Paper Session 3: Presentation 3: System-Level Performance Modeling of a Sub-Wet Bulb Evaporative Chiller Coupled to a Microchannel Polymer Heat Exchanger for Residential Cooling Applications (AT-23-C009)

System-Level Performance Modeling of a Sub-Wet Bulb Evaporative Chiller Coupled to a Microchannel Polymer Heat Exchanger for Residential Cooling Applications (AT-23-C009)
Presenting Author: Emily Fricke, UC Davis, Davis, CA, USA
Author: Vinod Narayanan, Ph.D., UC Davis WCEC, Davis, CA, USA

Evaporative cooling technologies have the potential to dramatically reduce electrical energy consumption in hot and dry climates. A Sub-Wet bulb Evaporative Chiller (SWEC) can chill water to temperatures lower than wet bulb of outdoor air, making it desirable for cooling applications when compared to indirect evaporative coolers. Furthermore, the chilled water can be used as thermal storage for potential peak load reduction. However, the exiting water temperature from the SWEC is still significantly higher than that produced by a vapor compression unit. Hence, in order to effectively utilize this technology, it needs to be coupled with a high-effectiveness water-to-air heat exchanger.

In this paper, a validated model of a SWEC, developed in prior work [1], is coupled with that of a counter-flow Microchannel Polymer Heat eXchanger (MPHX), currently being developed by the group [2]. The SWEC is able to achieve sub-wet bulb temperatures via the configuration of four evaporative media sections sandwiched in between four cross-flow air-to-air heat exchangers. Outdoor air enters each cross-flow heat exchanger and is sensibly pre-cooled by outgoing cooler, higher-humidity air flow from the adjacent evaporative medium before passing through evaporative media. An effectiveness- Number of Transfer Units approach is used to model the SWEC. A sectional model for the MPHX, which includes potential for condensation in the air stream along the heat exchanger length as it is cooled by the chilled water, is developed.

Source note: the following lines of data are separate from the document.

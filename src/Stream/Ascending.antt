-- ===== src/Stream/Ascending.antt =====
-- What a subscriber of GET /events/stream is sent, however the writers of events overlap.
use z_apply_backend.Base.{
  ℕ, ◌<◌, ◌≤◌, ◌≡◌, refl, sym, ap, ◌∙◌, subst, false, none, some, List, [], ◌∷◌, ◌++◌, arith, All,
  All-append, All-map, append_nil, dec_lt, lt→ltb, ltb-false,
}
use z_apply_backend.Json.{Fields}
use z_apply_backend.Models.{RunEventRow, Db}
use z_apply_backend.Repo.Events.{max_event_id, list_events}
use z_apply_backend.Sql.{Postgres}
use z_apply_backend.Stream.{
  Stream, Arrival, timeout, item, open_stream, live_round, replay_round, page_size,
}
use z_apply_backend.Stream.Distinct.{Distinct, Distinct-snoc, page-Ascends, page-above}
use z_apply_backend.Stream.Late.{last_or-over, replay_page-sent}
use z_apply_backend.Stream.Replay.{ids, sent, sent-append}
use z_apply_backend.Stream.System.{
  World, Step, commit, publish, open_cursor, replay, get, wait, disconnect, Reach, here, next,
}
use z_apply_backend.Stream.Window.{Ascends, last_or}

Ascends-append :
    (c : ℕ) (xs ys : List ℕ)
    → Ascends xs
    → All (λ n. n ≤ c) xs
    → Ascends ys
    → All (λ n. c < n) ys
    → Ascends (xs ++ ys)
Ascends-append c [] ys a b d h = d
Ascends-append c (x ∷ xs) ys a b d h = (
  All-append (λ m. x < m) xs ys a.0 (All-map _ _ (λ m k. omega (arith, b.0)) ys h),
  Ascends-append c xs ys a.1 b.1 d h,
)

-- No id of an ascending list is above the last.
last_or-top : (c : ℕ) (ns : List ℕ) → Ascends ns → All (λ m. m ≤ last_or c ns) ns
last_or-top c [] a = tt
last_or-top c (n ∷ ns) a = (last_or-over n n ns (omega arith) a.0, last_or-top n ns a.1)

-- The ids that a stream has sent ascend, and lie above its start and up to its cursor.
pub record Rises (start : ℕ) (s : Stream) : Type 0 where
  pub ascends : Ascends (sent s.outputs)
  pub above_start : All (λ n. start < n) (sent s.outputs)
  pub up_to : All (λ n. n ≤ s.cursor) (sent s.outputs)
  pub begun : start ≤ s.cursor

Rises-more :
    (start : ℕ) (s t : Stream) (new : List ℕ)
    → sent t.outputs ≡ sent s.outputs ++ new
    → Ascends new
    → All (λ n. s.cursor < n) new
    → All (λ n. n ≤ t.cursor) new
    → s.cursor ≤ t.cursor
    → Rises start s
    → Rises start t
Rises-more start s t new e a newer top h r = record {
  ascends =
      subst Ascends (sym e)
        (Ascends-append s.cursor (sent s.outputs) new r.ascends r.up_to a newer);
  above_start = subst (All (λ n. start < n)) (sym e) (
      All-append (λ n. start < n) (sent s.outputs) new r.above_start
        (All-map _ _ (λ m k. omega (arith, r.begun)) new newer));
  up_to = subst (All (λ n. n ≤ t.cursor)) (sym e) (
      All-append (λ n. n ≤ t.cursor) (sent s.outputs) new
        (All-map _ _ (λ m k. omega arith) (sent s.outputs) r.up_to) top);
  begun = omega (arith, r.begun);
}

Rises-silent :
    (start : ℕ) (s t : Stream)
    → sent t.outputs ≡ sent s.outputs
    → t.cursor ≡ s.cursor
    → Rises start s
    → Rises start t
Rises-silent start s t e c r =
    Rises-more start s t [] (e ∙ sym (append_nil (sent s.outputs))) tt tt tt (omega (arith, c)) r

pub open_stream-silent : (c top : ℕ) → sent (open_stream c top).outputs ≡ []
unfolding open_stream
open_stream-silent c top = elim (dec_lt top c) [
  | yes beyond ↦ rw (lt→ltb top c beyond) refl
  | no within ↦ rw (ltb-false top c (omega arith)) refl
]

open_stream-Rises : (c top : ℕ) → Rises (open_stream c top).cursor (open_stream c top)
open_stream-Rises c top =
    let e = sym (open_stream-silent c top) in
    record {
      ascends = subst Ascends e tt;
      above_start = subst (All (λ n. (open_stream c top).cursor < n)) e tt;
      up_to = subst (All (λ n. n ≤ (open_stream c top).cursor)) e tt;
      begun = omega arith;
    }

live_round-Rises :
    (start : ℕ) (a : Arrival) (s : Stream) → Rises start s → Rises start (live_round a s)
unfolding live_round
live_round-Rises start timeout s r =
    Rises-silent start s (live_round timeout s)
      (sent-append s.outputs _ ∙ append_nil (sent s.outputs)) refl r
live_round-Rises start (item none) s r = Rises-silent start s (live_round (item none) s) refl refl r
live_round-Rises start (item (some event)) s r = elim (dec_lt s.cursor event.id) [
  | yes newer ↦ rw (lt→ltb s.cursor event.id newer) (
      Rises-more start s _ (event.id ∷ []) (sent-append s.outputs _) (tt, tt) (newer, tt)
        (omega arith, tt) (omega arith) r)
  | no older ↦ rw (ltb-false s.cursor event.id (omega arith)) r
]

module _ (pg : Postgres) (stored_row : RunEventRow → Fields) where
  replay_round-Rises :
      (db : Db) (start : ℕ) (s : Stream)
      → Distinct db.events
      → All (λ (e : RunEventRow). 0 < e.id) db.events
      → Rises start s
      → Rises start (replay_round pg stored_row db s)
  unfolding replay_round
  replay_round-Rises db start s distinct positive r =
      let page = list_events pg db s.cursor none page_size false in
      let above : All (λ n. s.cursor < n) (ids page) =
        page-above pg db s.cursor distinct positive in
      let rising : Ascends (ids page) = page-Ascends pg db s.cursor distinct positive in
      let (e, c) = replay_page-sent pg stored_row page s in
      Rises-more start s _ (ids page) e rising above
        (subst (λ x. All (λ n. n ≤ x) (ids page)) (sym c) (last_or-top s.cursor (ids page) rising))
        (omega (arith, c, last_or-over s.cursor s.cursor (ids page) (omega arith) above)) r

  -- The keys differ and are positive, and what was sent ascends.
  pub record Rising (w : World) : Type 0 where
    pub distinct : Distinct w.db.events
    pub positive : All (λ (e : RunEventRow). 0 < e.id) w.db.events
    pub rises : Rises w.start w.stream

  Step-Rising : {w u : World} → Step pg stored_row w u → Rising w → Rising u
  Step-Rising {w} (commit db row event added fresh positive same) r = record {
    distinct = subst Distinct (sym added) (Distinct-snoc w.db.events row r.distinct fresh);
    positive = subst (All (λ (e : RunEventRow). 0 < e.id)) (sym added) (
        All-append (λ (e : RunEventRow). 0 < e.id) w.db.events (row ∷ []) r.positive
          (positive, tt));
    rises = r.rises;
  }
  Step-Rising {w} (publish before event after q waiting put) r = record {
    distinct = r.distinct;
    positive = r.positive;
    rises = r.rises;
  }
  Step-Rising {w} (open_cursor m) r = record {
    distinct = r.distinct;
    positive = r.positive;
    rises = open_stream-Rises w.stream.cursor (max_event_id w.db);
  }
  Step-Rising {w} (replay m) r = record {
    distinct = r.distinct;
    positive = r.positive;
    rises = replay_round-Rises w.db w.start w.stream r.distinct r.positive r.rises;
  }
  Step-Rising {w} (get i q m taken) r = record {
    distinct = r.distinct;
    positive = r.positive;
    rises = live_round-Rises w.start (item i) w.stream r.rises;
  }
  Step-Rising {w} (wait m empty) r = record {
    distinct = r.distinct;
    positive = r.positive;
    rises = live_round-Rises w.start timeout w.stream r.rises;
  }
  Step-Rising {w} disconnect r = record {
    distinct = r.distinct;
    positive = r.positive;
    rises = Rises-silent w.start w.stream _ refl refl r.rises;
  }

  -- However the writers overlap, in whatever order they commit and publish, provided that keys
  -- differ and are positive: from a stream that has sent nothing, the ids sent to a subscriber
  -- ascend in every state that it can reach, so no event is sent twice or before one with a smaller
  -- id, and they lie above its start cursor and up to its present one.
  pub stream-Ascends :
      {w u : World}
      → Distinct w.db.events
      → All (λ (e : RunEventRow). 0 < e.id) w.db.events
      → w.stream.outputs ≡ []
      → w.start ≡ w.stream.cursor
      → Reach pg stored_row w u
      → Ascends (sent u.stream.outputs)
        × All (λ n. u.start < n) (sent u.stream.outputs)
        × All (λ n. n ≤ u.stream.cursor) (sent u.stream.outputs)
  stream-Ascends {w} {u} distinct positive silent begins reach =
      let r = (Reach-Rising reach).rises in (r.ascends, r.above_start, r.up_to)
    where
      empty : sent w.stream.outputs ≡ []
      empty = ap sent silent

      Reach-Rising : {v : World} → Reach pg stored_row w v → Rising v
      Reach-Rising here = record {
        distinct = distinct;
        positive = positive;
        rises = record {
          ascends = subst Ascends (sym empty) tt;
          above_start = subst (All (λ n. w.start < n)) (sym empty) tt;
          up_to = subst (All (λ n. n ≤ w.stream.cursor)) (sym empty) tt;
          begun = omega (arith, begins);
        };
      }
      Reach-Rising (next r st) = Step-Rising st (Reach-Rising r)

The two component-level models are coupled together to determine the system-level performance in a typical residential building located in different climate zones in California. Cooling loads for a two-story 2,400 square foot home were simulated using EnergyPlus to consider a scenario where the system was appropriately sized for the cooling loads. The performance of this system is compared against a baseline SEER 14 vapor compression unit with a finned tube evaporator coil in terms of unmet load and hours, electrical energy usage, and COP.

[1] Yang, Y., V. Narayanan, T. Pistochini, and T. Ross. 2021. An Experimentally-Validated Model of a Cross-Flow Sub-Wet Bulb Evaporative Chiller. ASME Journal of Thermal Science and Engineering Applications, 13(2):021006 (12 pages).

[2] Rasouli, E., E. Fricke, and V. Narayanan. 2022. High efficiency 3-D printed microchannel polymer heat exchangers for air conditioning applications. Science and Technology for the Built Environment, 28(3):289-306.

Learning Objectives:
• Describe the advantages and limitations of the sub-wet bulb evaporative water chiller and polymer heat exchanger.
• Explain the system-level impacts of varying flow parameters on the combined performance of the chiller and heat exchanger.